# hvac vaccum pump?



## 3274mike (Oct 15, 2013)

does the pump have to be oiless being in hvac a have several vaccum pumps but non are oiless


----------



## jamesngalveston (Oct 15, 2013)

It should be ...the most important thing is you have to have a backup chamber...just in case, any wine gets in that pump, its done....
you are way better off, buying a system that is all ready tried and true.
I am a big do it yourselfer...Its not worth the time spend to build a system with a capacitor,vacuumpump,on and off switch,overflow, etc.
when one is built that works,tried and tested.


----------



## dralarms (Oct 15, 2013)

I agree James. The allinonepump is "the cats meow" lol. And tough, I bottled 20 gallons at one time once. I know others have dobe more.


----------



## jimmyjames23 (Oct 15, 2013)

HVAC vacuum pumps are not recommended. I speak from experience. I am one of the few here to have actually witness a vacuum related implosion using lab grade vacuum that was capable of pulling one full bar. 
If you're looking at vacuum degassing I would recommend a 12-24 volt vacuum pump available on eBay. They are diaphragm pumps capable of pulling and more importantly...hold a vacuum. If you are looking to vacuum rack your wine or just do simple wine racking/filtering then I would highly recommend the All in one wine pump. Nothing else works as well.


----------



## 3274mike (Oct 15, 2013)

thanks I figured that was the case


----------



## cimbaliw (Oct 15, 2013)

With all due respect to Steve "VacuumPumpMan" If you have the gear, I'd give it a try. Considering Jimmy James' experience probably some type of regulator and meter may be of benefit. I've read lots of complaints about oil compressor pumps smelling and spewing oily discharge about the wine room. Perhaps if you could isolate it somehow you may have something you like. I'd do an internet search and see what others are doing. There are several folks out there that started with an HVAC pump and moved on from there.


----------



## vacuumpumpman (Oct 15, 2013)

This is taken from my FAQ's from the website -

Can I use the standard A/C vacuum pumps that I have seen advertised and on some Wine Forums ?

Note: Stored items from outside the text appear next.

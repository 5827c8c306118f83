-- ===== src/Repair/Examples.antt =====
-- Repairs at small inputs: a plan of three tasks in a chain and one beside it.
use protostar.Base.{
  ◌≡◌, refl, String, true, List, [], ◌∷◌, Option, none, some, has, filter, ◌↔◌, ◌≢◌,
}
use protostar.Repair.Subgraph.{
  PlanNode, node_ids, selected, compute_repair_subgraph, first_unknown, add_dependents,
  dependents_by_task_id, select,
}
use protostar.Repair.Subgraph.Affected.{Affected, compute_repair_subgraph-Affected}
use protostar.Repair.Synthesis.{synthesize_repair_plan}
use protostar.Repair.Synthesis.Plans.{synthesize_repair_plan-repairs_for}
use protostar.Repair.Proposal.{
  PlanTask, Proposal, ProposalError, refused, admitted, admit_repair_plan_proposal,
}
use protostar.Repair.Proposal.Admission.{IsAdmissible, admit_repair_plan_proposal-IsAdmissible}

abbrev nodes : List PlanNode
nodes =
    record { plan_task_id = "a"; depends_on = [] }
    ∷ record { plan_task_id = "b"; depends_on = "a" ∷ [] }
    ∷ record { plan_task_id = "c"; depends_on = "b" ∷ [] }
    ∷ record { plan_task_id = "d"; depends_on = [] }
    ∷ []

selected_two : compute_repair_subgraph nodes ("b" ∷ []) ≡ selected ("b" ∷ "c" ∷ [])
unfolding compute_repair_subgraph first_unknown dependents_by_task_id add_dependents select
selected_two = refl

compute_repair_subgraph-Affected_example :
    ((x : String) → (has ("b" ∷ "c" ∷ []) x ≡ true) ↔ Affected nodes ("b" ∷ []) x)
    × ("b" ∷ "c" ∷ [] ≡ filter (has ("b" ∷ "c" ∷ [])) (node_ids nodes))
compute_repair_subgraph-Affected_example =
    compute_repair_subgraph-Affected nodes ("b" ∷ []) ("b" ∷ "c" ∷ []) selected_two

-- A finding is the id of the task that it names, and a critique the list of its references.
abbrev named : String → Option String
named id = some id

abbrev refs : List String → List String
refs ids = ids

synthesize_repair_plan-repairs_for_example :
    synthesize_repair_plan named refs "run-1" 0
      ("a" ∷ "b" ∷ "c" ∷ [])
      ("b" ∷ "b" ∷ [])
      (("a" ∷ "z" ∷ []) ∷ [])
      ("c" ∷ [])
    ≡ some (record {
      run_id = "run-1";
      attempt = 0;
      repairs =
          record {
            plan_task_id = "a";
            mechanical_critiques = [];
            model_critiques = some (("a" ∷ "z" ∷ []) ∷ []);
          }
          ∷ record {
            plan_task_id = "b";
            mechanical_critiques = "b" ∷ "b" ∷ [];
            model_critiques = none;
          }
          ∷ [];
      dependent_task_ids = "c" ∷ [];
    })
synthesize_repair_plan-repairs_for_example =
    synthesize_repair_plan-repairs_for named refs ("b" ∷ "b" ∷ []) (("a" ∷ "z" ∷ []) ∷ []) "run-1" 0
      ("a" ∷ "b" ∷ "c" ∷ []) ("c" ∷ [])

abbrev plan_tasks : List PlanTask
plan_tasks = record { id = "a"; scope_paths = "src" ∷ []; tools = "node" ∷ [] } ∷ []

-- The correction asks for a path that its task does not have.
abbrev expanding : Proposal
expanding = record {
  failing_task_ids = "a" ∷ [];
  corrections =
      record {
        target_task_id = "a";
        summary = "Fix it.";
        required_capabilities =
            some (record { repo_scopes = some ("docs" ∷ []); tool_permissions = none });
      }
      ∷ [];
}

admit_repair_plan_proposal-IsAdmissible_example :
    ((admit_repair_plan_proposal expanding plan_tasks ("a" ∷ [])
        ≡ admitted expanding.failing_task_ids expanding.corrections)
      ↔ IsAdmissible expanding plan_tasks ("a" ∷ []))
    × (¬ IsAdmissible expanding plan_tasks ("a" ∷ [])
        → (errors : List ProposalError) × (admit_repair_plan_proposal expanding plan_tasks
              ("a" ∷ [])
            ≡ refused errors)
          × (errors ≢ []))
admit_repair_plan_proposal-IsAdmissible_example =
    admit_repair_plan_proposal-IsAdmissible expanding plan_tasks ("a" ∷ [])
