-- ===== src/Repo.antt =====
-- packages/repo/src: guarded access to the files of a workspace, and change sets.
pub mod Host
pub mod Files
pub mod ChangeSet
pub mod Examples
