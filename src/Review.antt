-- ===== src/Review.antt =====
-- packages/review/src: the review-repair loop.
pub mod Types
pub mod Effects
pub mod Loop
pub mod Mechanical
mod Examples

It is very hard to control the vacuum while transferring or bottling. 
They are loud. 
They are heavy!! 
It is more complicated. You would still need a vacuum reservoir and release valve, possible gauges, and more. They use oil and it is critical that the oil level always be maintained or the pump will burn out. Oil can leak through the overflow tube into the vacuum overflow container which contains overflow wine. After continued use, oil fumes can be smelled in the room. During use the oil from the unit escapes from the air valve pooling on your “soaker rag” under the a/c vacuum pump. 
Yes, I have used and experimented with the a/c vacuum pump for a long time. Through years of experimentation I invented the best vacuum pump for home wine makers on the market today. Our pumps are oil free!! No smell, quiet, only pulls up to 22 inches of vacuum, less chance of carboy mishaps, more controllable and lighter and easier to use


----------



## Arne (Oct 16, 2013)

I agree with Steve, he has done a lot of research to make the best pump for the purpose. On the other hand you have a vac. pump. If you pull wine into it, just change the oil. You can hook something up to the discharge and discharge outside if you get too much oil smell. You probably have a old gauge manifold laying around. Buy a vac. guage from your wholesaler and put it on the manifold. you can use the manifold to control the vacuum. Put a catch jar in line before the manifold. Keep your vac. pressures down while expermenting with it. They work, but be a little careful with it and you should be fine. I filled mine with wine once, but some fresh oil and back in business. Arne.


----------



## 3274mike (Oct 19, 2013)

thanks for all the info will post if i try it will have an allinone at some point wife watching my hobby spending pretty close at this point


----------



## Arne (Oct 21, 2013)

wife watching my hobby spending pretty close at this point[/QUOTE]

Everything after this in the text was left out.